A cruzinha de madeira podre resiste fincada na lama. Os anjos de bronze esqueceram do Campo Santo. O coveiro luta com a terra, camponês plantando batatas. Números, códigos de barras e mercadorias. A múmia e os despojos. A chuva fina encharca a despedida. A fome do meio-dia. A bota embarrada apressa a extrema-unção do trabalhador.
Os vermes têm apetite, ricos e pobres são alimento. No Olimpo, o mármore é branco. Coroas de flores. Médicos, engenheiros, políticos protegem as reputações. Placas de reconhecimento. No Campo Santo, não há corpo, há obrigação para outro trabalhador. Todos carregam uma cruz, a mesma cruz em lados opostos. Um buraco, um caixão. Só o coveiro a tapar o lote que um dia será o seu, pai indiferente que vela o sono do filho pródigo. Os anjos de bronze não pousaram no Campo Santo.

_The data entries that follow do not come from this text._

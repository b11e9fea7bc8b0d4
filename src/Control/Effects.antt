-- ===== src/Control/Effects.antt =====
-- internal/mcp/tools.go: which calls change the scheduler.
use hounds_ciai.Prelude.{
  ℕ, ◌≡◌, ◌≢◌, inl, inr, refl, Option, none, some, ◌==◌, string_eq, nat_eq, Bool-cases, ==_true,
  ==_false,
}
use hounds_ciai.Scheduler.{Sched, Refusal, cancel_issue, enqueue_one}
use hounds_ciai.Control.{
  Handler, CallParams, IssueArg, missing, below, number, ToolReply, commanded, issue_tool,
  with_issue, call_tool,
}

-- The ways in which a call leaves the scheduler.
pub data Effect (h : Handler) (p : CallParams) (s : Sched) : Sched → Type 0 where
  untouched : Effect h p s s
  cancels :
      (n : ℕ)
      → p.issue ≡ number n
      → n ≢ 0
      → p.name ≡ "cancel_task"
      → Effect h p s (cancel_issue n s).1
  enqueues :
      (n : ℕ)
      → p.issue ≡ number n
      → n ≢ 0
      → p.name ≡ "enqueue_task"
      → Effect h p s (enqueue_one h.check n s).1

commanded-state : (done : ToolReply) (r : Option Refusal × Sched) → (commanded done r).1 ≡ r.1
unfolding commanded
commanded-state done (none, s) = refl
commanded-state done (some r, s) = refl

module _ (h : Handler) (p : CallParams) (s : Sched) where
  issue_tool-Effect :
      (n : ℕ) → p.issue ≡ number n → n ≢ 0 → Effect h p s (issue_tool h p.name n s).1
  unfolding issue_tool
  issue_tool-Effect n e ne = elim (Bool-cases (p.name == "get_task")) [
    | inl a ↦ rw a untouched
    | inr a ↦ rw a (elim (Bool-cases (p.name == "get_audit")) [
      | inl b ↦ rw b untouched
      | inr b ↦ rw b (elim (Bool-cases (p.name == "cancel_task")) [
        | inl c ↦ rw c (
            rw (commanded-state _ (cancel_issue n s))
              (cancels n e ne (==_true p.name "cancel_task" c)))
        | inr c ↦ rw c (elim (Bool-cases (p.name == "enqueue_task")) [
          | inl d ↦ rw d (
              rw (commanded-state _ (enqueue_one h.check n s))
                (enqueues n e ne (==_true p.name "enqueue_task" d)))
          | inr d ↦ rw d untouched
        ])
      ])
    ])
  ]

  with_issue-Effect : (i : IssueArg) → p.issue ≡ i → Effect h p s (with_issue h p.name i s).1
  unfolding with_issue
  with_issue-Effect missing e = untouched
  with_issue-Effect (below n) e = untouched
  with_issue-Effect (number n) e = elim (Bool-cases (n == 0)) [
    | inl z ↦ rw z untouched
    | inr z ↦ rw z (issue_tool-Effect n e (==_false n 0 z))
  ]

  -- A call of the control server leaves the scheduler as it is, or it is the scheduler's own cancel, or
  -- its own enqueue, of the issue that the call names by a positive number under that tool's name.
  pub call_tool-Effect : Effect h p s (call_tool h (some p) s).1
  unfolding call_tool
  call_tool-Effect = elim (Bool-cases (p.name == "list_tasks")) [
    | inl a ↦ rw a untouched
    | inr a ↦ rw a (with_issue-Effect p.issue refl)
  ]
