-- ===== src/Control/Server.antt =====
-- internal/mcp/jsonrpc.go, protocol.go and server.go: one HTTP request to the control server, from its
-- body to its reply. The decoders of JSON are parameters; a body is a list of bytes. The accept loop,
-- and the recovery from a panic, which no function of the model can raise, are left out.
pub mod Requests
use hounds_ciai.Prelude.{
  ℕ, ◌^◌, String, Bool, true, false, Option, none, some, List, [], ◌∷◌, ◌==◌, ◌||◌, string_eq,
  if◌then◌else◌, take,
}
use hounds_ciai.Scheduler.{Sched}
use hounds_ciai.Control.{Handler, CallParams, ToolReply, invalid_params, call_tool}

-- The error codes that the server sends: -32700, -32601 and -32602.
pub data Code : Type 0 where
  code_parse code_method_not_found code_invalid_params : Code

-- `request`: the raw id, "" when it is absent, and the raw parameters.
pub record Request : Type 0 where
  pub id : String
  pub method : String
  pub params : String

pub data Payload : Type 0 where
  protocol_shown acknowledged : Payload
  tools_listed : List String → Payload
  tool_result : ToolReply → Payload
  rpc_error : Code → Payload

-- `response`: an id "" is written as null.
pub record Response : Type 0 where
  pub id : String
  pub payload : Payload

-- The names of `toolDefs`.
abbrev pub tool_defs : List String
tool_defs = "list_tasks" ∷ "get_task" ∷ "get_audit" ∷ "cancel_task" ∷ "enqueue_task" ∷ []

-- `okResp` and `errResp`, as callTool uses them.
unfoldable pub tool_payload : ToolReply → Payload
tool_payload invalid_params = rpc_error code_invalid_params
tool_payload r = tool_result r

-- A reply over HTTP: 405, 202 with no body, or a JSON body.
pub data HttpReply : Type 0 where
  not_allowed accepted : HttpReply
  replied : Response → HttpReply

abbrev pub max_body : ℕ
max_body = 2 ^ 20

unfoldable pub http_reply : Option Response × Sched → HttpReply × Sched
http_reply (none, s) = (accepted, s)
http_reply (some r, s) = (replied r, s)

module _ (h : Handler) (params_of : String → Option CallParams) where
  -- The `switch` of `handle`.
  unfoldable pub dispatch : Request → Sched → Payload × Sched
  unfolding tool_payload
  dispatch r s =
      if r.method == "initialize"
      then (protocol_shown, s)
      else if r.method == "notifications/initialized" || r.method == "ping"
      then (acknowledged, s)
      else if r.method == "tools/list"
      then (tools_listed tool_defs, s)
      else if r.method == "tools/call"
      then (let (reply, s') = call_tool h (params_of r.params) s in (tool_payload reply, s'))
      else (rpc_error code_method_not_found, s)

  -- The message is carried out also when it is a notification, which gets no response.
  unfoldable pub respond : Request → Sched → Option Response × Sched
  unfolding dispatch
  respond r s =
      let (p, s') = dispatch r s in
      ((if r.id == "" then none else some (record { id = r.id; payload = p })), s')

  unfoldable pub handle_decoded : Option Request → Sched → Option Response × Sched
  unfolding respond
  handle_decoded none s = (some (record { id = ""; payload = rpc_error code_parse }), s)
  handle_decoded (some r) s = respond r s

  -- `handle`, by the decoder of messages.
  unfoldable pub handle : (List ℕ → Option Request) → List ℕ → Sched → Option Response × Sched
  unfolding handle_decoded
  handle decode raw s = handle_decoded (decode raw) s

  -- `handleHTTP`: a body that cannot be read is `none`; of a long one the first 2^20 bytes count.
  unfoldable pub handle_http :
      (List ℕ → Option Request) → String → Option (List ℕ) → Sched → HttpReply × Sched
  unfolding handle http_reply
  handle_http decode verb none s =
      if verb == "POST"
      then (replied (record { id = ""; payload = rpc_error code_parse }), s)
      else (not_allowed, s)
  handle_http decode verb (some body) s =
      if verb == "POST" then http_reply (handle decode (take max_body body) s) else (not_allowed, s)
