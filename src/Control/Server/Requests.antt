-- ===== src/Control/Server/Requests.antt =====
-- internal/mcp/server.go and protocol.go: what a request does to the scheduler, and what it gets back.
use hounds_ciai.Prelude.{
  ℕ, String, true, false, ◌≡◌, ◌≢◌, refl, Option, none, some, List, ◌==◌, ◌||◌, string_eq,
  Bool-cases, ==_true, ==_false, inl, inr, take,
}
use hounds_ciai.Scheduler.{Sched}
use hounds_ciai.Control.{Handler, CallParams, call_tool}
use hounds_ciai.Control.Effects.{Effect, call_tool-Effect}
use hounds_ciai.Control.Server.{
  Request, rpc_error, code_parse, Response, HttpReply, not_allowed, accepted, replied, max_body,
  dispatch, respond, handle_decoded, http_reply, handle_http,
}

module _ (h : Handler) (decode : List ℕ → Option Request) (params_of : String → Option CallParams)
    (verb : String) (body : Option (List ℕ)) where
  -- The request is a POST, and its body reads as the message.
  pub record Carries (r : Request) : Type 0 where
    pub bytes : List ℕ
    pub posted : verb ≡ "POST"
    pub read : body ≡ some bytes
    pub decoded : decode (take max_body bytes) ≡ some r

  -- How a request leaves the scheduler.
  pub data Leaves (s : Sched) : Sched → Type 0 where
    quiet : Leaves s s
    called :
        (r : Request) (p : CallParams)
        → Carries r
        → r.method ≡ "tools/call"
        → params_of r.params ≡ some p
        → {t : Sched} → Effect h p s t
        → Leaves s t

  -- What a request gets back.
  pub data Answered : HttpReply → Type 0 where
    not_posted : verb ≢ "POST" → Answered not_allowed
    not_read : body ≡ none → Answered (replied (record { id = ""; payload = rpc_error code_parse }))
    not_decoded :
        (bytes : List ℕ)
        → body ≡ some bytes
        → decode (take max_body bytes) ≡ none
        → Answered (replied (record { id = ""; payload = rpc_error code_parse }))
    noted : (r : Request) → Carries r → r.id ≡ "" → Answered accepted
    responded :
        (r : Request) (x : Response) → Carries r → r.id ≢ "" → x.id ≡ r.id → Answered (replied x)

  module _ (s : Sched) where
    tools_call-Leaves :
        (r : Request)
        → Carries r
        → r.method ≡ "tools/call"
        → (o : Option CallParams) → params_of r.params ≡ o
        → Leaves s (call_tool h o s).1
    unfolding call_tool
    tools_call-Leaves r c m none e = quiet
    tools_call-Leaves r c m (some p) e = called r p c m e (call_tool-Effect h p s)

    dispatch-Leaves : (r : Request) → Carries r → Leaves s (dispatch h params_of r s).1
    unfolding dispatch
    dispatch-Leaves r c = elim (Bool-cases (r.method == "initialize")) [
      | inl e ↦ rw e quiet
      | inr a ↦
          rw a (elim (Bool-cases (r.method == "notifications/initialized" || r.method == "ping")) [
            | inl e ↦ rw e quiet
            | inr b ↦ rw b (elim (Bool-cases (r.method == "tools/list")) [
              | inl e ↦ rw e quiet
              | inr d ↦ rw d (elim (Bool-cases (r.method == "tools/call")) [
                | inl e ↦ rw e (tools_call-Leaves r c (==_true r.method "tools/call" e) _ refl)
                | inr e ↦ rw e quiet
              ])
            ])
          ])
    ]

    respond-Leaves :
        (r : Request)
        → Carries r
        → Leaves s (http_reply (respond h params_of r s)).1
          × Answered (http_reply (respond h params_of r s)).0
    unfolding respond http_reply
    respond-Leaves r c = elim (Bool-cases (r.id == "")) [
      | inl z ↦ rw (z, http_reply) (dispatch-Leaves r c, noted r c (==_true r.id "" z))
      | inr z ↦ rw (z, http_reply) (dispatch-Leaves r c, responded r _ c (==_false r.id "" z) refl)
    ]

    handle-Leaves :
        (bytes : List ℕ)
        → verb ≡ "POST"
        → body ≡ some bytes
        → (o : Option Request) → decode (take max_body bytes) ≡ o
        → Leaves s (http_reply (handle_decoded h params_of o s)).1
          × Answered (http_reply (handle_decoded h params_of o s)).0
    unfolding handle_decoded http_reply
    handle-Leaves bytes v b none e = (quiet, not_decoded bytes b e)
    handle-Leaves bytes v b (some r) e =
        respond-Leaves r (record { bytes = bytes; posted = v; read = b; decoded = e })

    http-Leaves :
        (o : Option (List ℕ))
        → body ≡ o
        → Leaves s (handle_http h params_of decode verb o s).1
          × Answered (handle_http h params_of decode verb o s).0
    unfolding handle_http
    http-Leaves o b = elim (Bool-cases (verb == "POST")) [
      | inl e ↦ posted o b e
      | inr e ↦ otherwise o e
    ]
      where
        posted :
            (o : Option (List ℕ))
            → body ≡ o
            → (verb == "POST") ≡ true
            → Leaves s (handle_http h params_of decode verb o s).1
              × Answered (handle_http h params_of decode verb o s).0
        posted none b e = rw e (quiet, not_read b)
        posted (some bytes) b e =
            rw e (handle-Leaves bytes (==_true verb "POST" e) b (decode (take max_body bytes)) refl)

        otherwise :
            (o : Option (List ℕ))
            → (verb == "POST") ≡ false
            → Leaves s (handle_http h params_of decode verb o s).1
              × Answered (handle_http h params_of decode verb o s).0
        otherwise none e = rw e (quiet, not_posted (==_false verb "POST" e))
        otherwise (some bytes) e = rw e (quiet, not_posted (==_false verb "POST" e))

    -- A request over HTTP leaves the scheduler as it is, or it is a POST whose body reads as a call of a
    -- tool, and then it is the scheduler's own cancel, or its own enqueue, of the issue that the call
    -- names by a positive number under that tool's name. What is no POST gets a 405; a body that cannot
    -- be read or decoded, an error with no id; a message with no id, nothing; and any other message, a
    -- response with its id.
    pub handle_http-Answered :
        Leaves s (handle_http h params_of decode verb body s).1
        × Answered (handle_http h params_of decode verb body s).0
    handle_http-Answered = http-Leaves body refl
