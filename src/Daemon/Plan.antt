-- ===== src/Daemon/Plan.antt =====
-- cmd/orchestratord/main.go, the cycles of writePlan against the validator.
use hounds_ciai.Prelude.{
  arith, ◌∷◌, String, Bool, true, false, not, ◌&&◌, ◌≡◌, refl, ◌∙◌, ap, List, [], In, In-note,
  In-gather, gather-nil, note-nil,
}
use hounds_ciai.Prelude.Sorting.{sort_strings}
use hounds_ciai.Config.Types.{Workflow}
use hounds_ciai.Config.Graph.{build_graph}
use hounds_ciai.Config.Validate.Messages.{unbounded_cycle}
use hounds_ciai.Config.Validate.Bounds.{
  components, is_cyclic, is_capped, check_component, check_loops_terminate,
}
use hounds_ciai.Config.Validate.Accepted.{Accepted, parts}
use hounds_ciai.Daemon.{CycleRow, cycle_bounded, cycle_rows, plan_cycles}

and_not : (a b : Bool) → a ≡ true → (a && not b) ≡ false → b ≡ true
and_not true true p h = refl
and_not true false p h = cc
and_not false b p h = cc

-- The plan's test of a cycle is the validator's.
cycle_bounded-is_capped :
    (wf : Workflow) (comp : List String) → cycle_bounded wf comp ≡ is_capped wf comp
unfolding cycle_bounded is_capped
cycle_bounded-is_capped wf [] = refl
cycle_bounded-is_capped wf (n ∷ ns) = ground (arith, cycle_bounded-is_capped wf ns)

cycle_rows-capped :
    (wf : Workflow) (comp : List String) (r : CycleRow)
    → check_component wf comp ≡ []
    → In r (cycle_rows wf comp)
    → r.capped ≡ true
unfolding check_component cycle_rows
cycle_rows-capped wf comp r clean m =
    let off =
      note-nil (is_cyclic (build_graph wf) comp && not (is_capped wf comp))
        (unbounded_cycle (sort_strings comp)) clean in
    let (cyclic, row) = In-note (is_cyclic (build_graph wf) comp) _ m in
    ap (λ (q : CycleRow). q.capped) row
    ∙ (cycle_bounded-is_capped wf comp
        ∙ and_not (is_cyclic (build_graph wf) comp) (is_capped wf comp) cyclic off)

-- The plan of a workflow that the validator accepts shows no cycle as uncapped.
pub plan_cycles-capped :
    (wf : Workflow) (r : CycleRow) → Accepted wf → In r (plan_cycles wf) → r.capped ≡ true
unfolding plan_cycles check_loops_terminate
plan_cycles-capped wf r accepted m =
    let (comp, i, j) = In-gather (cycle_rows wf) (components (build_graph wf)) m in
    cycle_rows-capped wf comp r
      (gather-nil (check_component wf) (components (build_graph wf)) (parts wf accepted).loops i) j
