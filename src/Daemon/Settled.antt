-- ===== src/Daemon/Settled.antt =====
-- cmd/orchestratord/main.go, settledStates against the engine's own notion of a settled state.
use hounds_ciai.Prelude.{
  ℕ, String, Bool, true, false, not, ◌&&◌, ◌||◌, ◌≡◌, refl, sym, ◌∙◌, ap, some, List, [], ◌∷◌, ◌++◌,
  ◌==◌, string_eq, nat_eq, if◌then◌else◌, contains, filter, Bool-cases, Option-cases, ==_true,
  ==_comm, inl, inr, arith,
}
use hounds_ciai.Prelude.Maps.{lookup, keys, has_key, has_key-lookup}
use hounds_ciai.Result.{Result, ok}
use hounds_ciai.Config.Types.{Workflow, state_of, dry_run_enabled}
use hounds_ciai.Store.{Task, Store, get_task}
use hounds_ciai.Engine.Monad.{Engine}
use hounds_ciai.Engine.Lookup.{cancel_state, is_terminal, is_settled}
use hounds_ciai.Engine.Naming.{task_id}
use hounds_ciai.Scheduler.{Sched, already_settled, readiness, enqueue_ready, enqueue_one}
use hounds_ciai.Daemon.{terminal_states, merges_pr, settled_states, done_of, done_check}

contains-append :
    (xs ys : List String) (x : String) → contains (xs ++ ys) x ≡ (contains xs x || contains ys x)
contains-append [] ys x = refl
contains-append (y ∷ xs) ys x = elim (Bool-cases (y == x)) [
  | inl e ↦ rw e refl
  | inr e ↦ rw e (contains-append xs ys x)
]

contains-filter :
    (p : String → Bool) (xs : List String) (x : String)
    → contains (filter p xs) x ≡ (contains xs x && p x)
contains-filter p [] x = refl
contains-filter p (y ∷ xs) x = elim (Bool-cases (y == x)) [
  | inl e ↦ rw (==_true y x e) (ground (arith, contains-filter p xs x))
  | inr e ↦ rw e (elim (Bool-cases (p y)) [
    | inl q ↦ rw (q, e) (contains-filter p xs x)
    | inr q ↦ rw q (contains-filter p xs x)
  ])
]

contains-keys :
    {V : Type 0} (m : List (String × V)) (x : String) → contains (keys m) x ≡ has_key x m
contains-keys [] x = refl
contains-keys ((k, v) ∷ m) x = ground (arith, contains-keys m x)

module _ (wf : Workflow) (s : String) where
  -- `isTerminal` reads the same verdict as a scan over the declared states.
  is_terminal-state_of :
      is_terminal wf s ≡ (has_key s wf.states && not ((state_of wf s).terminal == ""))
  unfolding is_terminal state_of
  is_terminal-state_of = elim (Bool-cases (has_key s wf.states)) [
    | inr e ↦ rw (is_terminal, e, has_key-lookup s wf.states e) refl
    | inl e ↦ rw e (elim (Option-cases (lookup s wf.states)) [
      | inl q ↦ rw (is_terminal, q) refl
      | inr (st, q) ↦ rw (is_terminal, q) refl
    ])
  ]

  merging-declared : merges_pr (state_of wf s) ≡ true → has_key s wf.states ≡ true
  unfolding state_of
  merging-declared = elim (Bool-cases (has_key s wf.states)) [
    | inl e ↦ λ h. e
    | inr e ↦ rw (has_key-lookup s wf.states e) (λ h. cc)
  ]

  merging : Bool
  merging = dry_run_enabled wf.policies && merges_pr (state_of wf s)

  contains-merging :
      contains
        (if dry_run_enabled wf.policies
          then filter (λ n. merges_pr (state_of wf n)) (keys wf.states)
          else [])
        s
      ≡ merging
  unfolding merging
  contains-merging = elim (Bool-cases (dry_run_enabled wf.policies)) [
    | inr e ↦ rw e refl
    | inl e ↦ rw e (
        contains-filter (λ n. merges_pr (state_of wf n)) (keys wf.states) s
        ∙ (ap (λ (b : Bool). b && merges_pr (state_of wf s)) (contains-keys wf.states s)
            ∙ declared_only))
  ]
    where
      declared_only : (has_key s wf.states && merges_pr (state_of wf s)) ≡ merges_pr (state_of wf s)
      declared_only = ground (arith, merging-declared)

regroup : (t c m : Bool) → (t || (if c then true else m)) ≡ ((c || t) || m)
regroup true true m = refl
regroup true false m = refl
regroup false true m = refl
regroup false false m = refl

-- The daemon counts a state as settled exactly when the engine does, or when dry_run is on and the
-- state's entry merges, where a drive halts without an end.
pub settled_states_lem :
    (e : Engine) (s : String)
    → contains (settled_states e.wf) s
      ≡ (is_settled e s || (dry_run_enabled e.wf.policies && merges_pr (state_of e.wf s)))
unfolding settled_states terminal_states is_settled merging
settled_states_lem e s =
    let left =
      contains-append (terminal_states e.wf)
        (cancel_state
          ∷ (if dry_run_enabled e.wf.policies
              then filter (λ n. merges_pr (state_of e.wf n)) (keys e.wf.states)
              else []))
        s in
    let ends = contains-filter (λ n. not ((state_of e.wf n).terminal == "")) (keys e.wf.states) s in
    let terminal : contains (terminal_states e.wf) s ≡ is_terminal e.wf s =
      ends
      ∙ (ap (λ (b : Bool). b && not ((state_of e.wf s).terminal == ""))
            (contains-keys e.wf.states s)
          ∙ sym (is_terminal-state_of e.wf s)) in
    let m = merging e.wf s in
    let rest = λ (b : Bool). if cancel_state == s then true else b in
    left
    ∙ (ap
          (λ (b : Bool).
            b
            || rest (
                contains
                  (if dry_run_enabled e.wf.policies
                    then filter (λ n. merges_pr (state_of e.wf n)) (keys e.wf.states)
                    else [])
                  s))
          terminal
        ∙ (ap (λ (b : Bool). is_terminal e.wf s || rest b) (contains-merging e.wf s)
            ∙ (ap (λ (b : Bool). is_terminal e.wf s || (if b then true else m))
                  (==_comm cancel_state s)
                ∙ regroup (is_terminal e.wf s) (s == cancel_state) m)))

settled_done :
    (settled : List String) (store : Store) (issue : ℕ) (t : Task)
    → get_task (task_id issue) store ≡ ok t
    → contains settled t.current_state ≡ true
    → done_check settled store issue ≡ (ok true, true)
unfolding done_check done_of
settled_done settled store issue t found is = rw (done_check, found) (simp is refl)

-- An issue that is not in flight, and whose task the engine has settled, or left in a merge state under
-- dry_run, is not queued again: the scheduler, asking the daemon's check, refuses it as settled and changes nothing, and the
-- check asks for its label to be removed.
pub enqueue_one-settled :
    (e : Engine) (store : Store) (issue : ℕ) (t : Task) (s : Sched)
    → get_task (task_id issue) store ≡ ok t
    → (is_settled e t.current_state
        || (dry_run_enabled e.wf.policies && merges_pr (state_of e.wf t.current_state)))
      ≡ true
    → has_key issue s.inflight ≡ false
    → (enqueue_one (some (λ i. (done_check (settled_states e.wf) store i).0)) issue s
        ≡ (some already_settled, s))
      × ((done_check (settled_states e.wf) store issue).1 ≡ true)
unfolding enqueue_one readiness enqueue_ready
enqueue_one-settled e store issue t s found is free =
    let check =
      settled_done (settled_states e.wf) store issue t found
        (settled_states_lem e t.current_state ∙ is) in
    (
      rw (enqueue_one, free) (ap (λ (r : Result Bool × Bool). enqueue_ready r.0 issue s) check),
      ap (λ (r : Result Bool × Bool). r.1) check,
    )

O coveiro guarda as ferramentas. Vai concretar o destino de outro nas catacumbas, espigões de ossos acumulados. Nunca sabia o nome de quem enterrava. Contava as oito horas, esperava o tíquete refeição e o dinheiro para pagar a conta da luz. O quanto os ombros pudessem cavar, cavava. Esburacava junto o próprio peito, calejava a esperança. Ser ou não ser. Ao pobre resta o silêncio capital de não ser, em meio às batatas.
Jeison Karnal
Jornalista e escritor, autor de O Negociador de Reféns (2014).